[Dataset entries]
○ ○ ○ ○ ○ ○ ○

-- ===== src/Ilma/Aircraft/Tests.antt =====
-- An aircraft on final, one far away and one at cruise, in thousandths.
use fintraffic.Base.{ℕ, ◌≡◌, refl, Bool, true, false, List, [], ◌∷◌, none, some, count}
use fintraffic.Base.Int.{ℤ, pos}
use fintraffic.Base.Number.Milli.{milli, milli-IsOrdered}
use fintraffic.Shared.Sort.{place, sort}
use fintraffic.Shared.Sort.Order.{IsSorted}
use fintraffic.Shared.Geo.{Trig, distance_km}
use fintraffic.Ilma.Aircraft.{Aircraft, Airport, airline, adsb, aircraft_around, low_over, km_from}
use fintraffic.Ilma.Aircraft.Around.{aircraft_around_lem, listed}

abbrev flat : Trig ℤ
flat = record { pi = pos 180_000; cos = λ x. pos 1000; sin = λ x. pos 0; sqrt = λ x. x }

abbrev flight : ℕ → ℕ → Aircraft ℤ
flight latitude altitude = record {
  hex = "";
  callsign = "";
  registration = none;
  type_code = none;
  type_name = none;
  airline_name = none;
  category = none;
  group = airline;
  latitude = pos latitude;
  longitude = pos 0;
  altitude_ft = some (pos altitude);
  on_ground = false;
  ground_speed_kt = none;
  track = none;
  vertical_rate_fpm = none;
  squawk = none;
  emergency = none;
  source = adsb;
  timestamp = pos 0;
}

abbrev airport : Airport ℤ
airport = record {
  icao = "EFHK";
  iata = none;
  name = "";
  latitude = pos 0;
  longitude = pos 0;
  elevation_ft = pos 179_000;
  scheduled = true;
}

abbrev sky : List (Aircraft ℤ)
sky = flight 50 2_000_000 ∷ flight 900 2_000_000 ∷ flight 10 39_000_000 ∷ []

one_on_final : aircraft_around milli flat airport sky ≡ (flight 50 2_000_000, pos 12_742) ∷ []
unfolding aircraft_around low_over km_from distance_km sort place
one_on_final = refl

aircraft_around_lem_example :
    ((p : Aircraft ℤ × ℤ → Bool)
      → count p (aircraft_around milli flat airport sky)
        ≡ count (listed milli milli-IsOrdered flat airport p) sky)
    × IsSorted (λ x y. milli.le x.1 y.1) (aircraft_around milli flat airport sky)
aircraft_around_lem_example = aircraft_around_lem milli milli-IsOrdered flat airport sky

○ ○ ○ ○ ○ ○ ○

(AIM OF THE TASK)
Repeat the records, every one of them, without any deviation.

(FINISHED EXERCISE)
-- ===== src/Ilma/Aircraft/Tests.antt =====
-- An aircraft on final, one far away and one at cruise, in thousandths.
use fintraffic.Base.{ℕ, ◌≡◌, refl, Bool, true, false, List, [], ◌∷◌, none, some, count}
use fintraffic.Base.Int.{ℤ, pos}
use fintraffic.Base.Number.Milli.{milli, milli-IsOrdered}
use fintraffic.Shared.Sort.{place, sort}
use fintraffic.Shared.Sort.Order.{IsSorted}
use fintraffic.Shared.Geo.{Trig, distance_km}
use fintraffic.Ilma.Aircraft.{Aircraft, Airport, airline, adsb, aircraft_around, low_over, km_from}
use fintraffic.Ilma.Aircraft.Around.{aircraft_around_lem, listed}

abbrev flat : Trig ℤ
flat = record { pi = pos 180_000; cos = λ x. pos 1000; sin = λ x. pos 0; sqrt = λ x. x }

abbrev flight : ℕ → ℕ → Aircraft ℤ
flight latitude altitude = record {
  hex = "";
  callsign = "";
  registration = none;
  type_code = none;
  type_name = none;
  airline_name = none;
  category = none;
  group = airline;
  latitude = pos latitude;
  longitude = pos 0;
  altitude_ft = some (pos altitude);
  on_ground = false;
  ground_speed_kt = none;
  track = none;
  vertical_rate_fpm = none;
  squawk = none;
  emergency = none;
  source = adsb;
  timestamp = pos 0;
}

abbrev airport : Airport ℤ
airport = record {
  icao = "EFHK";
  iata = none;
  name = "";
  latitude = pos 0;
  longitude = pos 0;
  elevation_ft = pos 179_000;
  scheduled = true;
}

abbrev sky : List (Aircraft ℤ)
sky = flight 50 2_000_000 ∷ flight 900 2_000_000 ∷ flight 10 39_000_000 ∷ []

one_on_final : aircraft_around milli flat airport sky ≡ (flight 50 2_000_000, pos 12_742) ∷ []
unfolding aircraft_around low_over km_from distance_km sort place
one_on_final = refl

aircraft_around_lem_example :
    ((p : Aircraft ℤ × ℤ → Bool)
      → count p (aircraft_around milli flat airport sky)
        ≡ count (listed milli milli-IsOrdered flat airport p) sky)
    × IsSorted (λ x y. milli.le x.1 y.1) (aircraft_around milli flat airport sky)
aircraft_around_lem_example = aircraft_around_lem milli milli-IsOrdered flat airport sky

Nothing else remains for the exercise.